I'm experiencing for the most part the same issue. I see fresh orders pop in and out all the time. But Logistics is another story. I've been doing Amazon for about a year now and maybe within that year I only not worked 3 or 4 days that I intended on working. But the last five days I'm seeing nothing for the most part besides fresh orders . Oh well we will have to ride the wave until it's released .


----------



## FIdel Cashflow (Feb 23, 2018)

James Parenti said:


> Starting Friday, March 9th, I no longer see any offers, even taken offers momentarily, for Logistics (packages). I am still seeing fresh offers. I'm wondering if there is truth to the rumor I've heard about a metric that can put you on different tiers for receiving offers. For example no more package offers being received. Or is this just a coincidence due to low volume this weekend. I had an issue with a package not returned to a hub on time, but since we cannot CR ratings for a week, I have no idea if there's any truth to this matter. A dozen emails to Amazon support gets nothing but standard form answers. Has anyone experienced this or have any information as to what is going on in San Diego. Is it just me?

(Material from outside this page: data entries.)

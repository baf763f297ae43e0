-- ===== src/Tx/Transfer.antt =====
-- The steps of a transfer that is accepted (src/tx.cpp: `CTransaction::ExecuteTx`).
use dacrs.Base.{
  Bool, true, false, Option, none, some, ◌≡◌, inl, inr, refl, sym, ◌==◌, if◌then◌else◌, Bool-cases,
}
use dacrs.Base.Int.{ℤ}
use dacrs.RunEnv.Check.{em_add_free, em_minus_free}
use dacrs.Account.{ChainParams, Account, AccountLog, KeyId, PubKeys, account_log, operate_account}
use dacrs.Views.{AccountView, set_account}
use dacrs.Views.ByUser.{UserId, null_id, by_reg, by_key, by_pub_key, get_account_by, set_account_by}
use dacrs.Tx.{
  Transaction, TxState, Outcome, accepted, rejected, with_view, push_log, account_for, em_common_tx,
  minus_value, save_destination, receive, receive_new, save_source, send, transfer,
}

pub accepted-ne-rejected :
    {reason : dacrs.Tx.Reason} {s t : TxState} → rejected reason s ≡ accepted t → ⊥
accepted-ne-rejected e = cc

pub accepted-injective : {s t : TxState} → accepted s ≡ accepted t → s ≡ t
accepted-injective e = cc

module _ (keys : PubKeys) (params : ChainParams) (height : ℤ) (tx : Transaction) where
  -- The account that receives: one that is known, or a new one of an address.
  pub data Receives (old : Option Account) (des : Account) : Type 0 where
    known : old ≡ some des → Receives old des
    fresh :
        (k : KeyId)
        → old ≡ none
        → tx.des_user_id ≡ by_key k
        → des ≡ account_for k
        → (tx.tx_type == em_common_tx) ≡ true
        → Receives old des

  -- What the saving of the account that receives has done.
  pub record Saved (src_log : AccountLog) (old : Option Account) (v : AccountView) (s t : TxState)
      : Type 0 where
    pub des : Account
    pub des' : Account
    pub v' : AccountView
    pub receives : Receives old des
    pub add : operate_account params em_add_free tx.values height des ≡ (true, des')
    pub set : set_account_by keys tx.des_user_id des' v ≡ (true, v')
    pub result : t ≡ push_log (account_log des) (push_log src_log (with_view v' s))

  saved-Saved :
      (src_log : AccountLog) (old : Option Account) (des des' : Account) (v : AccountView)
      (s t : TxState) (r : Bool × AccountView)
      → Receives old des
      → operate_account params em_add_free tx.values height des ≡ (true, des')
      → set_account_by keys tx.des_user_id des' v ≡ r
      → (if r.0
          then accepted (push_log (account_log des) (push_log src_log (with_view r.1 s)))
          else rejected dacrs.Tx.bad_save_account (with_view r.1 s))
        ≡ accepted t
      → Saved src_log old v s t
  saved-Saved src_log old des des' v s t (false, v') how add set e = absurd (accepted-ne-rejected e)
  saved-Saved src_log old des des' v s t (true, v') how add set e = record {
    des = des;
    des' = des';
    v' = v';
    receives = how;
    add = add;
    set = set;
    result = sym (accepted-injective e);
  }

  save_destination-Saved :
      (src_log : AccountLog) (old : Option Account) (des : Account) (v : AccountView)
      (s t : TxState) (r : Bool × Account)
      → Receives old des
      → operate_account params em_add_free tx.values height des ≡ r
      → save_destination keys params height tx src_log (account_log des) r (with_view v s)
        ≡ accepted t
      → Saved src_log old v s t
  save_destination-Saved src_log old des v s t (false, des') how add e =
      absurd (accepted-ne-rejected e)
  save_destination-Saved src_log old des v s t (true, des') how add e =
      saved-Saved src_log old des des' v s t (set_account_by keys tx.des_user_id des' v) how add
        refl e

  fresh-Saved :
      (src_log : AccountLog) (k : KeyId) (v : AccountView) (s t : TxState)
      → tx.des_user_id ≡ by_key k
      → (if tx.tx_type == em_common_tx
          then save_destination keys params height tx src_log
              (account_log (account_for k))
              (operate_account params em_add_free tx.values height (account_for k))
              (with_view v s)
          else rejected dacrs.Tx.bad_read_accountdb (with_view v s))
        ≡ accepted t
      → Saved src_log none v s t
  fresh-Saved src_log k v s t to_key e = elim (Bool-cases (tx.tx_type == em_common_tx)) [
    | inl f ↦
        save_destination-Saved src_log none (account_for k) v s t _ (fresh k refl to_key refl f)
          refl (rw f at e)
    | inr f ↦ absurd (accepted-ne-rejected (rw f at e))
  ]

  receive_new-Saved :
      (src_log : AccountLog) (v : AccountView) (s t : TxState) (user : UserId)
      → tx.des_user_id ≡ user
      → receive_new keys params height tx src_log user (with_view v s) ≡ accepted t
      → Saved src_log none v s t
  receive_new-Saved src_log v s t null_id is e = absurd (accepted-ne-rejected e)
  receive_new-Saved src_log v s t (by_reg id) is e = absurd (accepted-ne-rejected e)
  receive_new-Saved src_log v s t (by_pub_key p) is e = absurd (accepted-ne-rejected e)
  receive_new-Saved src_log v s t (by_key k) is e = fresh-Saved src_log k v s t is e

  receive-Saved :
      (src_log : AccountLog) (r : Option Account × AccountView) (s t : TxState)
      → receive keys params height tx src_log r s ≡ accepted t
      → Saved src_log r.0 r.1 s t
  receive-Saved src_log (none, v) s t e = receive_new-Saved src_log v s t tx.des_user_id refl e
  receive-Saved src_log (some des, v) s t e =
      save_destination-Saved src_log (some des) des v s t _ (known refl) refl e

  -- The whole of an accepted transfer.
  pub record Steps (s t : TxState) : Type 0 where
    pub src : Account
    pub src' : Account
    pub old : Option Account
    pub v1 : AccountView
    pub v3 : AccountView
    pub read_src : get_account_by keys tx.src_reg_id s.view ≡ (some src, v1)
    pub minus :
        operate_account params em_minus_free (minus_value keys params height tx) height src
        ≡ (true, src')
    pub read_des : get_account_by keys tx.des_user_id (set_account src'.key_id src' v1) ≡ (old, v3)
    pub saved : Saved (account_log src) old v3 s t

  -- The view that a step starts from is replaced.
  any_view-Saved :
      (src_log : AccountLog) (old : Option Account) (v w : AccountView) (s t : TxState)
      → Saved src_log old v (with_view w s) t
      → Saved src_log old v s t
  any_view-Saved src_log old v w s t saved = record {
    des = saved.des;
    des' = saved.des';
    v' = saved.v';
    receives = saved.receives;
    add = saved.add;
    set = saved.set;
    result = saved.result;
  }

  save_source-Steps :
      (src : Account) (v1 : AccountView) (s t : TxState) (r : Bool × Account)
      → get_account_by keys tx.src_reg_id s.view ≡ (some src, v1)
      → operate_account params em_minus_free (minus_value keys params height tx) height src ≡ r
      → save_source keys params height tx (account_log src) r (with_view v1 s) ≡ accepted t
      → Steps s t
  save_source-Steps src v1 s t (false, src') read minus e = absurd (accepted-ne-rejected e)
  save_source-Steps src v1 s t (true, src') read minus e = record {
    src = src;
    src' = src';
    old = (get_account_by keys tx.des_user_id (set_account src'.key_id src' v1)).0;
    v1 = v1;
    v3 = (get_account_by keys tx.des_user_id (set_account src'.key_id src' v1)).1;
    read_src = read;
    minus = minus;
    read_des = refl;
    saved =
        any_view-Saved (account_log src) _ _ (set_account src'.key_id src' v1) s t
          (receive-Saved (account_log src) _ _ t e);
  }

  send-Steps :
      (r : Option Account × AccountView) (s t : TxState)
      → get_account_by keys tx.src_reg_id s.view ≡ r
      → send keys params height tx r s ≡ accepted t
      → Steps s t
  send-Steps (none, v) s t read e = absurd (accepted-ne-rejected e)
  send-Steps (some src, v) s t read e = save_source-Steps src v s t _ read refl e

  pub transfer-Steps : (s t : TxState) → transfer keys params height tx s ≡ accepted t → Steps s t
  unfolding transfer
  transfer-Steps s t e = send-Steps _ s t refl e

There is definitely a Tier system. It esp comes into effect if they are slow with orders too. Try to maintain a 99%-100% weekly ranking and also finish your route as fast as you can. If you do you will be able to get 40 hrs every week easily with very little clicking and you will get those bigger tipping routes that they build because you are reliable and can handle more difficult runs.

For example, I did my 40 hr for this past week and Amazon already let me fill up 20hrs for next week. Sending me a mix of reserves and non-reserve blocks to choose from.


----------



## dkcs (Aug 27, 2014)

There is a tiered driver metrics system in place that Amazon.uk has alluded to but otherwise no formal statement has been issued about.

You will receive offers based on your "score" which takes into account many metrics besides those stated on the weekly driver summary.

Simply do the best you can as there isn't anything you can do to improve your score as far as gaming the system other than delivering packages as fast as possible to Amazon's guidelines.


----------



## rozz (Sep 7, 2016)

I have noticed something really strange over the past few days. I (a veteran) have been getting offers more easily than the old new guys. The new new ones seem to be getting them easily too. I have people telling me they're not even seeing them but I see them on the dot as expected. I maintain a nearly spotless record so that could very well be the reason why. I was side by side with another veteran who doesn't have quite the spotless record I do and he did not even see the offer come out while I accepted it without a hitch.


----------



## Amsoil Uber Connect (Jan 14, 2015)

At the rate they have been deactivating people it ought to be easier to get blocks.


----------



## uberstuper (Jan 2, 2016)

Amsoil Uber Connect said:


> At the rate they have been deactivating people it ought to be easier to get blocks.


Until You get deactivate!


----------



## Buttermilk7458 (Mar 31, 2017)

how were you able to find out they’ve been deactivating people?


----------



## Flex89 (Jun 12, 2016)

I haven't heard of mass deactivations happening


----------



## uberstuper (Jan 2, 2016)

There are no mass deactivations. You might be able to use the word mass as far as softblock restrictions but not for deactivations.


----------